Oireachtas Joint and Select Committees

Thursday, 11 October 2012

Joint Oireachtas Committee on Health and Children

Childhood Obesity: Discussion (Resumed)

10:40 am

Mr. Paul Kelly:

Deputy Colreavy spoke about pricing and taxation. It is worth noting the complexities associated with the construction and transmission of price and the whole area of margin in the food chain. This has been evidenced in recent days by 20,000 farmers protesting outside the gates of Leinster House on Tuesday last and by some of the job losses in the last day or so. There are significant issues relating to the asymmetrical transmission of price along the supply chain, that is, the ability of different players in the chain to recover costs. Much of that has to do with increased volatility in commodity prices. That, in large part, has to do with the disappearance of the managed market scenario we have had in the EU for the last number of decades. Agriculture prices and food prices are normalising towards global levels and this is introducing a significant amount of additional volatility.

It is also worth noting that the commodity that has jumped the most in the last year or two is sugar, which has gone from €400 per tonne to €1,200 or €1,250 per tonne on the spot market. From a production planning perspective, it would be incorrect to consider sugar a cheap nutrient in terms of price or availability and security of supply.

Food companies are not completely obsessed with profit. In this country, the net profit margins of the consumer foods arms of publicly quoted companies are in low single figures. At primary level, primary dairy processors and meat processors are probably working between 1% and 2% profit margins. That is the reality.
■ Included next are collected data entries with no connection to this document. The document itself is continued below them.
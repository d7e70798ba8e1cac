-- ===== src/DepthChecker/Limit.antt =====
-- The depth checker passes the values that can be marshaled within the same limit.
use xdrpp.Common.{
  ℕ, zero, suc, ◌+◌, ◌-◌, ◌^◌, ◌<◌, ◌≡◌, ◌↔◌, refl, ap, not, subst, arith, Bool, true, false,
  Option, none, some, List, [], ◌∷◌, lt→ltb, le→ltb,
}
use xdrpp.Common.Result.{Res, ok, fault, ◌>>=◌, Returns, gives}
use xdrpp.Types.{
  Ty, uint32, xarray, xvector, pointer, named, Kind, word, dword, nested, fixed_bytes,
  variable_bytes, kind, Val, num, bytes, seq, choice, Vals, nil, cons, size, UnionField, Class,
  struct, union, Schema, with_mem_ptr, size32,
}
use xdrpp.Types.Save.{put_elems, put_fields, put_field, put_active, save_class, save}
use xdrpp.Marshal.Put.Encode.{
  AllFit, FieldsFit, FieldFits, ActiveFits, ClassFits, KindFits, NestedFits, Fits,
}
use xdrpp.Marshal.Put.Refine.{size32_lem}
use xdrpp.DepthChecker.{DepthChecker, enter, depth_op, visit, check_xdr_depth}

-- The checker is as before and `X` holds, or the limit has been exceeded and `X` does not hold.
data Outcome (X : Type 0) (d : DepthChecker) : Res DepthChecker → Type 0 where
  stays : X → Outcome X d (ok d)
  deep : {d' : DepthChecker} → ¬ X → d'.within_limit ≡ false → Outcome X d (ok d')

Outcome-iff :
    {X Y : Type 0} {d : DepthChecker} {r : Res DepthChecker}
    → (X → Y)
    → (Y → X)
    → Outcome X d r
    → Outcome Y d r
Outcome-iff f g (stays x) = stays (f x)
Outcome-iff f g (deep n o) = deep (λ y. n (g y)) o

-- An archive that has met the limit does nothing more.
abbrev IsOff : (DepthChecker → Res DepthChecker) → Type 0
IsOff k = (d : DepthChecker) → d.within_limit ≡ false → k d ≡ ok d

Outcome-and :
    {X Y : Type 0} {d : DepthChecker} {r : Res DepthChecker}
    → X
    → Outcome Y d r
    → Outcome (X × Y) d r
Outcome-and x (stays y) = stays (x, y)
Outcome-and x (deep n o) = deep (λ (_, y). n y) o

Outcome-then :
    {X Y : Type 0} {d : DepthChecker} {r : Res DepthChecker} (k : DepthChecker → Res DepthChecker)
    → Outcome X d r
    → IsOff k
    → Outcome Y d (k d)
    → Outcome (X × Y) d (r >>= k)
Outcome-then k (stays x) off y = Outcome-and x y
Outcome-then k (deep {d'} n o) off y = rw (off d' o) (deep (λ (x, _). n x) o)

-- `P` is what the values are known to fit, and `Q` what fits within the limit.
module _ (P Q : Ty → Val → Type 0) (ar : Ty → Val → DepthChecker → Res DepthChecker)
    (d : DepthChecker) (off : (t : Ty) (v : Val) → IsOff (ar t v))
    (word_off : (t : Ty) (u : ℕ) → kind t ≡ word → ar t (num u) d ≡ ok d)
    (out : (t : Ty) (v : Val) → P t v → Outcome (Q t v) d (ar t v d)) where
  elems-IsOff : (t : Ty) (vs : Vals) → IsOff (put_elems (ar t) vs)
  unfolding put_elems
  elems-IsOff t nil d' o = refl
  elems-IsOff t (cons v vs) d' o = rw (off t v d' o) (elems-IsOff t vs d' o)

  elems_out :
      (t : Ty) (vs : Vals) → AllFit (P t) vs → Outcome (AllFit (Q t) vs) d (put_elems (ar t) vs d)
  unfolding put_elems
  elems_out t nil f = stays tt
  elems_out t (cons v vs) f =
      Outcome-then (put_elems (ar t) vs) (out t v f.0) (elems-IsOff t vs) (elems_out t vs f.1)

  fields-IsOff : (ts : List Ty) (vs : Vals) → FieldsFit P ts vs → IsOff (put_fields ar ts vs)
  unfolding put_fields
  fields-IsOff [] nil f d' o = refl
  fields-IsOff [] (cons v vs) f d' o = absurd f
  fields-IsOff (t ∷ ts) nil f d' o = absurd f
  fields-IsOff (t ∷ ts) (cons v vs) f d' o = rw (off t v d' o) (fields-IsOff ts vs f.1 d' o)

  fields_out :
      (ts : List Ty) (vs : Vals)
      → FieldsFit P ts vs
      → Outcome (FieldsFit Q ts vs) d (put_fields ar ts vs d)
  unfolding put_fields
  fields_out [] nil f = stays tt
  fields_out [] (cons v vs) f = absurd f
  fields_out (t ∷ ts) nil f = absurd f
  fields_out (t ∷ ts) (cons v vs) f =
      Outcome-then (put_fields ar ts vs) (out t v f.0) (fields-IsOff ts vs f.1)
        (fields_out ts vs f.1)

  field_out :
      (decl : Option Ty) (vs : Vals)
      → FieldFits P decl vs
      → Outcome (FieldFits Q decl vs) d (put_field ar decl vs d)
  unfolding put_field
  field_out none nil f = stays tt
  field_out none (cons v vs) f = absurd f
  field_out (some t) nil f = absurd f
  field_out (some t) (cons v nil) f = out t v f
  field_out (some t) (cons v (cons u vs)) f = absurd f

  active_out :
      (a : Option UnionField) (vs : Vals)
      → ActiveFits P a vs
      → Outcome (ActiveFits Q a vs) d (put_active ar a vs d)
  unfolding put_active
  active_out none vs f = absurd f
  active_out (some a) vs f = field_out a.decl vs f

  module _ (s : Schema) where
    class_out :
        (c : Class) (v : Val)
        → ClassFits P c v
        → Outcome (ClassFits Q c v) d (save_class s ar c v d)
    unfolding save_class
    class_out (struct ts) (seq vs) f = fields_out ts vs f
    class_out (union tag fs) (choice n vs) (k, h, r, f) =
        rw (word_off tag n k) (
          Outcome-iff (λ x. (k, h, r, x)) (λ (_, _, _, x). x) (active_out (with_mem_ptr fs n) vs f))
    class_out (struct ts) (num u) f = absurd f
    class_out (struct ts) (bytes b) f = absurd f
    class_out (struct ts) (choice n vs) f = absurd f
    class_out (union tag fs) (num u) f = absurd f
    class_out (union tag fs) (bytes b) f = absurd f
    class_out (union tag fs) (seq vs) f = absurd f

    counted_out :
        (t : Ty) (vs : Vals)
        → size vs < 2 ^ 32
        → AllFit (P t) vs
        → Outcome
            (AllFit (Q t) vs)
            d
            (size32 (size vs) >>= λ k. ar uint32 (num k) d >>= put_elems (ar t) vs)
    counted_out t vs h f =
        rw (size32_lem (size vs) h)
          (rw (word_off uint32 (size vs) (unfold kind in refl)) (elems_out t vs f))

    save_out :
        (t : Ty) (v : Val) → NestedFits s P t v → Outcome (NestedFits s Q t v) d (save s ar t v d)
    unfolding save
    save_out (xarray t n) (seq vs) (e, h, f) =
        Outcome-iff (λ x. (e, h, x)) (λ (_, _, x). x) (elems_out t vs f)
    save_out (xvector t n) (seq vs) (e, h, f) =
        Outcome-iff (λ x. (e, h, x)) (λ (_, _, x). x) (counted_out t vs (omega arith) f)
    save_out (pointer t) (seq vs) (e, f) =
        Outcome-iff (λ x. (e, x)) (λ (_, x). x) (counted_out t vs (omega arith) f)
    save_out (named k) v (e, f) =
        Outcome-iff (λ x. (e, x)) (λ (_, x). x) (class_out (s.classes k) v f)
    save_out _ _ f = absurd f

module _ (s : Schema) where
  enter-IsOff :
      (ar : Ty → Val → DepthChecker → Res DepthChecker) (t : Ty) (v : Val) → IsOff (enter s ar t v)
  unfolding enter
  enter-IsOff ar t v d o = rw o refl

  op-IsOff :
      (nest : Ty → Val → DepthChecker → Res DepthChecker)
      → ((t : Ty) (v : Val) → IsOff (nest t v))
      → (k : Kind) (t : Ty) (v : Val) → IsOff (depth_op s nest k t v)
  unfolding depth_op
  op-IsOff nest off nested t v d o = off t v d o
  op-IsOff nest off _ t v d o = refl

  visit-IsOff : (fuel : ℕ) (t : Ty) (v : Val) → IsOff (visit s fuel t v)
  unfolding visit
  visit-IsOff zero t v =
      op-IsOff (enter s (λ t v d. fault)) (enter-IsOff (λ t v d. fault)) (kind t) t v
  visit-IsOff (suc fuel) t v =
      op-IsOff (enter s (visit s fuel)) (enter-IsOff (visit s fuel)) (kind t) t v

  visit-word :
      (fuel : ℕ) (d : DepthChecker) (t : Ty) (u : ℕ)
      → kind t ≡ word
      → visit s fuel t (num u) d ≡ ok d
  unfolding visit depth_op
  visit-word zero d t u k = rw k refl
  visit-word (suc fuel) d t u k = rw k refl

module _ (s : Schema) where
  op_out :
      (P Q : Ty → Val → Type 0) (nest : Ty → Val → DepthChecker → Res DepthChecker) (k : Kind)
      (t : Ty) (v : Val) (d : DepthChecker)
      → (P t v → Outcome (Q t v) d (nest t v d))
      → KindFits P k t v
      → Outcome (KindFits Q k t v) d (depth_op s nest k t v d)
  unfolding depth_op
  op_out P Q nest nested t v d out f = out f
  op_out P Q nest word t (num u) d out f = stays f
  op_out P Q nest dword t (num u) d out f = stays f
  op_out P Q nest (fixed_bytes n) t (bytes b) d out f = stays f
  op_out P Q nest (variable_bytes n) t (bytes b) d out f = stays f
  op_out P Q nest _ t v d out f = absurd f

  -- Coming back out, the depth is counted down again.
  up : DepthChecker → DepthChecker
  up d = record d { current_depth = d.current_depth + 1 }

  back_out :
      {X : Type 0} (d : DepthChecker) {r : Res DepthChecker}
      → Outcome X (up d) r
      → Outcome X d (r >>= λ d'. ok (record d' { current_depth = d'.current_depth - 1 }))
  unfolding up
  back_out {X} d (stays x) =
      subst (λ (n : ℕ). Outcome X d (ok (record d { current_depth = n }))) (omega arith) (stays x)
  back_out d (deep n o) = deep n o

  enter_zero :
      {X : Type 0} (ar : Ty → Val → DepthChecker → Res DepthChecker) (t : Ty) (v : Val)
      (d : DepthChecker)
      → d.within_limit ≡ true
      → d.depth_limit ≡ d.current_depth
      → ¬ X
      → Outcome X d (enter s ar t v d)
  unfolding enter
  enter_zero ar t v d w h n =
      rw w (rw (lt→ltb d.depth_limit (d.current_depth + 1) (omega arith)) (deep n refl))

  enter_out :
      {X : Type 0} (ar : Ty → Val → DepthChecker → Res DepthChecker) (t : Ty) (v : Val)
      (d : DepthChecker)
      → d.within_limit ≡ true
      → d.current_depth < d.depth_limit
      → Outcome X (up d) (save s ar t v (up d))
      → Outcome X d (enter s ar t v d)
  unfolding enter up
  enter_out ar t v d w h o =
      rw (ap not w) (rw (le→ltb d.depth_limit (d.current_depth + 1) (omega arith)) (back_out d o))

  visit_out :
      (fuel L : ℕ) (t : Ty) (v : Val) (d : DepthChecker)
      → d.within_limit ≡ true
      → d.depth_limit ≡ d.current_depth + fuel
      → Fits s L t v
      → Outcome (Fits s fuel t v) d (visit s fuel t v d)
  unfolding visit Fits up
  visit_out zero zero t v d w e f = op_out (λ t v. ⊥) (λ t v. ⊥) _ (kind t) t v d (λ x. absurd x) f
  visit_out zero (suc L) t v d w e f =
      op_out (NestedFits s (Fits s L)) (λ t v. ⊥) _ (kind t) t v d
        (λ x. enter_zero (λ t v d. fault) t v d w (omega (arith, e)) (λ b. b)) f
  visit_out (suc fuel) zero t v d w e f =
      op_out (λ t v. ⊥) (NestedFits s (Fits s fuel)) _ (kind t) t v d (λ x. absurd x) f
  visit_out (suc fuel) (suc L) t v d w e f =
      op_out (NestedFits s (Fits s L)) (NestedFits s (Fits s fuel)) _ (kind t) t v d
        (λ x. enter_out (visit s fuel) t v d w (omega (arith, e)) (
          save_out (Fits s L) (Fits s fuel) (visit s fuel) (up d) (visit-IsOff s fuel)
            (visit-word s fuel (up d)) (λ t v. visit_out fuel L t v (up d) w (omega (arith, e))) s t
            v x))
        f

  -- On a value of the type whose classes and containers are nested to any depth L, `check_xdr_depth`
  -- with the limit n returns, and it returns `true` exactly if the value is one that is nested at
  -- most n deep.
  pub check_xdr_depth-Fits :
      (L n : ℕ) (t : Ty) (v : Val)
      → Fits s L t v
      → Returns (λ (b : Bool). (b ≡ true) ↔ Fits s n t v) (check_xdr_depth s t v n)
  unfolding check_xdr_depth
  check_xdr_depth-Fits L n t v f = answer refl (
      visit_out n L t v (record { depth_limit = n; current_depth = 0; within_limit = true }) refl
        (omega arith) f)
    where
      answer :
          {d : DepthChecker} {r : Res DepthChecker}
          → d.within_limit ≡ true
          → Outcome (Fits s n t v) d r
          → Returns (λ (b : Bool). (b ≡ true) ↔ Fits s n t v) (r >>= λ d. ok d.within_limit)
      answer w (stays x) = gives ((λ e. x), (λ y. w))
      answer w (deep n o) = gives ((λ e. absurd (cc)), (λ y. absurd (n y)))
The final price is set by the retailer. Resale price maintenance is banned under competition law. Food companies and food suppliers have no part to play in the price the consumer ultimately pays. We already have a tax differential. The 23% standard rate of VAT applies to a small number of food products. They are, typically, the ones in question, including confectionery, soft drinks and cakes. There is already a 23% differential between them and all other food products, which are zero rated.

In the consumer price index, food and non-alcoholic beverages now account for approximately 11% of consumer spend, compared with roughly 25% in the 1980s. This has had a huge impact along the food supply chain. Food is a highly regulated sector, and correctly so, with regard to food safety and so on. All of these costs have had to be absorbed at production and processing level. These costs are highly relevant to this overall discussion.

In Denmark, where a saturated fat tax was introduced approximately one year ago, there is now cross-party support for the removal of the tax because of its impact on a number of areas, particularly the economic area. It has driven cross-border shopping into Germany. We had a similar issue here two or three years ago with Northern Ireland. Work done by the Central Statistics Office and the Department of Finance suggested a cost in the region of €800 million from that. Denmark has also withdrawn proposals for the introduction of an additional sugar tax. Similarly, in Italy a range of taxation measures are being examined as part of that country's austerity programme but the Italian Government has pulled back from introducing a tax of that sort.

Senator van Turnhout mentioned stringy cheese and the fact it is highly processed. The stringy cheese in question is cheddar cheese. It is no more and no less.